Just recently I was thinking about the human perception/illusion of time as Brian Greene explained. The past and the future may be equally elusive, but the constant, weak electrical impulses and neuronal patterns that are memory give us the feeling that we have access to the past, but not the future. It is not the past that we know, but rather the ghost of the past still living in our brain. What if we didn't have this ghost living in our brain? (Think anterograde amnesia. Think "Memento.") What if we had a similar ghost in the brain that feeds us knowledge of the future in the same way?

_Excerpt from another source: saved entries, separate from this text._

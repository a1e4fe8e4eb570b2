-- ===== src/Membrane/Outcome.antt =====
-- membrane/verified_outcome.py: the verdict on a run, which the agent cannot give itself, and
-- patterns/measure.py, which makes it.
pub mod Verdict
use kagura_agent.Prelude.{
  ℕ, zero, String, Bool, true, false, not, ◌&&◌, ◌||◌, Option, none, some, List, [], ◌∷◌, ◌==◌,
  if◌then◌else◌, Result, ok, raised,
}
use kagura_agent.Prelude.Text.{member}

-- An exit code; that of a process that a signal ended is negative.
pub data ExitCode : Type 0 where
  pos negsuc : ℕ → ExitCode

pub data OutcomeError : Type 0 where
  unknown_source unknown_trust not_independent two_verdicts : OutcomeError

pub record VerifiedOutcome : Type 0 where
  pub verified : Bool
  pub category : String
  pub input_trust : String
  pub source : String

abbrev pub independent_sources : List String
independent_sources = "exit_code" ∷ "hitl_approval" ∷ []

abbrev pub valid_sources : List String
valid_sources = "exit_code" ∷ "hitl_approval" ∷ "unverified" ∷ []

-- `__post_init__`, which every way to make an outcome goes through
unfoldable pub post_init : VerifiedOutcome → Result OutcomeError VerifiedOutcome
unfolding member
post_init o =
    if not (member o.source valid_sources)
    then raised unknown_source
    else if not (member o.input_trust ("trusted" ∷ "untrusted" ∷ []))
    then raised unknown_trust
    else if o.verified && not (member o.source independent_sources)
    then raised not_independent
    else ok o

unfoldable pub unverified : String → String → Result OutcomeError VerifiedOutcome
unfolding post_init
unverified category trust =
    post_init
      (record { verified = false; category = category; input_trust = trust; source = "unverified" })

-- `code == 0`
unfoldable pub is_success : ExitCode → Bool
is_success (pos zero) = true
is_success _ = false

unfoldable pub from_exit_code : ExitCode → String → String → Result OutcomeError VerifiedOutcome
unfolding post_init is_success
from_exit_code code category trust = post_init (record {
  verified = is_success code;
  category = category;
  input_trust = trust;
  source = "exit_code";
})

unfoldable pub from_hitl_approval : Bool → String → String → Result OutcomeError VerifiedOutcome
unfolding post_init
from_hitl_approval approved category trust = post_init (record {
  verified = approved;
  category = category;
  input_trust = trust;
  source = "hitl_approval";
})

unfoldable pub all_trusted : List String → Bool
all_trusted [] = true
all_trusted (tier ∷ tiers) = tier == "trusted" && all_trusted tiers

unfoldable pub derive_input_trust : List String → String
unfolding all_trusted
derive_input_trust [] = "untrusted"
derive_input_trust (tier ∷ tiers) = if all_trusted (tier ∷ tiers) then "trusted" else "untrusted"

-- `measure_outcome`, for the tiers that the provenance log has of the session
unfoldable pub measure_outcome :
    String → List String → Option ExitCode → Option Bool → Result OutcomeError VerifiedOutcome
unfolding derive_input_trust from_exit_code from_hitl_approval unverified
measure_outcome category tiers (some code) (some approved) = raised two_verdicts
measure_outcome category tiers (some code) none =
    from_exit_code code category (derive_input_trust tiers)
measure_outcome category tiers none (some approved) =
    from_hitl_approval approved category (derive_input_trust tiers)
measure_outcome category tiers none none = unverified category (derive_input_trust tiers)
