-- ===== src/Membrane/Outcome/Verdict.antt =====
-- What a verdict rests on.
use kagura_agent.Prelude.{
  String, zero, suc, ap, not, ◌≡◌, ◌≢◌, refl, ◌↔◌, Bool, true, false, ◌&&◌, Option, none, some,
  List, [], ◌∷◌, eq_iff, Bool-cases, ◌⊎◌, inl, inr, ok, raised, All, arith,
}
use kagura_agent.Prelude.Text.{member}
use kagura_agent.Membrane.Outcome.{
  ExitCode, pos, negsuc, two_verdicts, VerifiedOutcome, valid_sources, independent_sources,
  post_init, unverified, is_success, from_exit_code, from_hitl_approval, all_trusted,
  derive_input_trust, measure_outcome,
}

pub all_trusted_iff : (ts : List String) → (all_trusted ts ≡ true) ↔ All (λ t. t ≡ "trusted") ts
unfolding all_trusted
all_trusted_iff [] = (λ _. tt, λ _. refl)
all_trusted_iff (t ∷ ts) = (
  λ h. ((eq_iff t "trusted").0 (ground (arith, h)), (all_trusted_iff ts).0 (ground (arith, h))),
  λ h. rw ((eq_iff t "trusted").1 h.0) ((all_trusted_iff ts).1 h.1),
)

pub derive_cases :
    (ts : List String) → (derive_input_trust ts ≡ "untrusted") ⊎ (derive_input_trust ts ≡ "trusted")
unfolding derive_input_trust
derive_cases [] = inl refl
derive_cases (t ∷ ts) = elim (Bool-cases (all_trusted (t ∷ ts))) [
  | inl e ↦ inr (rw e refl)
  | inr e ↦ inl (rw e refl)
]

pub derive_iff :
    (ts : List String)
    → (derive_input_trust ts ≡ "trusted") ↔ ((ts ≢ []) × All (λ t. t ≡ "trusted") ts)
unfolding derive_input_trust
derive_iff [] = (λ h. absurd (cc h), λ h. absurd (h.0 refl))
derive_iff (t ∷ ts) = elim (Bool-cases (all_trusted (t ∷ ts))) [
  | inl e ↦ rw e (λ _. ((λ h. cc h), (all_trusted_iff (t ∷ ts)).0 e), λ _. refl)
  | inr e ↦ rw e (λ h. absurd (cc h), λ h. ground (arith, e, (all_trusted_iff (t ∷ ts)).1 h.1))
]

-- The outcome rests on the signals from outside and on the tiers.
pub record IsVerdict (o : VerifiedOutcome) (ts : List String) (code : Option ExitCode)
    (approved : Option Bool) : Type 0 where
  pub verified_iff : (o.verified ≡ true) ↔ ((code ≡ some (pos zero)) ⊎ (approved ≡ some true))
  pub trusted_iff : (o.input_trust ≡ "trusted") ↔ ((ts ≢ []) × All (λ t. t ≡ "trusted") ts)
  pub abstains_iff : (o.source ≡ "unverified") ↔ ((code ≡ none) × (approved ≡ none))

derive_valid :
    (ts : List String) → member (derive_input_trust ts) ("trusted" ∷ "untrusted" ∷ []) ≡ true
unfolding member
derive_valid ts = elim (derive_cases ts) [ inl e ↦ rw e refl | inr e ↦ rw e refl ]

-- An outcome of a valid source and a valid trust is made, if its source is independent or it is not
-- verified.
post_init_ok :
    (o : VerifiedOutcome)
    → member o.source valid_sources ≡ true
    → member o.input_trust ("trusted" ∷ "untrusted" ∷ []) ≡ true
    → (o.verified && not (member o.source independent_sources)) ≡ false
    → post_init o ≡ ok o
unfolding post_init
post_init_ok o source trust sound = rw (source, trust, sound) refl

and_false : (b : Bool) → (b && false) ≡ false
and_false true = refl
and_false false = refl

success_iff :
    (code : ExitCode)
    → (is_success code ≡ true)
      ↔ ((some code ≡ some (pos zero)) ⊎ (◌≡◌ {A = Option Bool} none (some true)))
unfolding is_success
success_iff (pos zero) = (λ _. inl refl, λ _. refl)
success_iff (pos (suc n)) = (λ h. cc h, λ h. elim h [ inl e ↦ ground (arith, e) | inr e ↦ cc e ])
success_iff (negsuc n) = (λ h. cc h, λ h. elim h [ inl e ↦ cc e | inr e ↦ cc e ])

-- Two signals raise. Otherwise the outcome is made: verified exactly when the check of the host exited
-- with zero or the operator approved, of trusted input exactly when there are tiers and all of them
-- are trusted, and of source `unverified` exactly when there was no signal.
pub measure_outcome_lem :
    (category : String) (ts : List String) (code : Option ExitCode) (approved : Option Bool)
    → ((code ≢ none)
        × (approved ≢ none)
        × (measure_outcome category ts code approved ≡ raised two_verdicts))
      ⊎ (((code ≡ none) ⊎ (approved ≡ none))
          × (o : VerifiedOutcome) × (measure_outcome category ts code approved ≡ ok o)
          × IsVerdict o ts code approved)
unfolding measure_outcome from_exit_code from_hitl_approval unverified member
measure_outcome_lem category ts (some code) (some a) = inl ((λ h. cc h), (λ h. cc h), refl)
measure_outcome_lem category ts none none = inr (
  inl refl,
  record {
    verified = false;
    category = category;
    input_trust = derive_input_trust ts;
    source = "unverified";
  },
  post_init_ok _ refl (derive_valid ts) refl,
  record {
    verified_iff = (λ h. cc h, λ h. elim h [ inl e ↦ cc e | inr e ↦ cc e ]);
    trusted_iff = derive_iff ts;
    abstains_iff = (λ _. (refl, refl), λ _. refl);
  },
)
measure_outcome_lem category ts none (some a) = inr (
  inl refl,
  record {
    verified = a;
    category = category;
    input_trust = derive_input_trust ts;
    source = "hitl_approval";
  },
  post_init_ok _ refl (derive_valid ts) (and_false a),
  record {
    verified_iff = (λ h. inr (ap some h), λ h. elim h [ inl e ↦ cc e | inr e ↦ ground (arith, e) ]);
    trusted_iff = derive_iff ts;
    abstains_iff = (λ h. absurd (cc ((eq_iff "hitl_approval" "unverified").1 h)), λ h. cc (h.1));
  },
)
measure_outcome_lem category ts (some code) none = inr (
  inr refl,
  record {
    verified = is_success code;
    category = category;
    input_trust = derive_input_trust ts;
    source = "exit_code";
  },
  post_init_ok _ refl (derive_valid ts) (and_false (is_success code)),
  record {
    verified_iff = success_iff code;
    trusted_iff = derive_iff ts;
    abstains_iff = (λ h. absurd (cc ((eq_iff "exit_code" "unverified").1 h)), λ h. cc (h.0));
  },
)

So, anyway, what the heck was I trying to say? Oh, the unknowable future. Right. Hmm. We don't know what awaits us in the next minute, day, week, month, year. We could be hit by a bus and die tomorrow. Or gets killed in a plane crash next week. Or get lost in the Oregon desert and die of thirst. At least, living in this era gives us a false sense of certainty. The whole world has been mapped out. If we get lost, click on the GPS. If we are thirsty, turn on the tap. We know the mathematical probability of dying in a car crash or plane crash. We know the treatment for pneumonia, the cause and prevention of cholera, and the way to get to the nearest hospital. We have this cemented sense of safety through our access to a huge amount of knowledge. However, in the time before maps were charted, what was it like, PSYCHOLOGICALLY, to walk into a desert or sail into the sea without a map, without satellite, with no end in sight? I don't know about you, but it scares me shitless. Perhaps this is why we like our movies predictable. Yet isn't this unknown landscape the same as our everyday reality? The desert of tomorrow is as unknowable as the Oregon desert for the westward emigrants? Isn't it also the same for "the undiscovered country, from whose bourn no traveler returns"?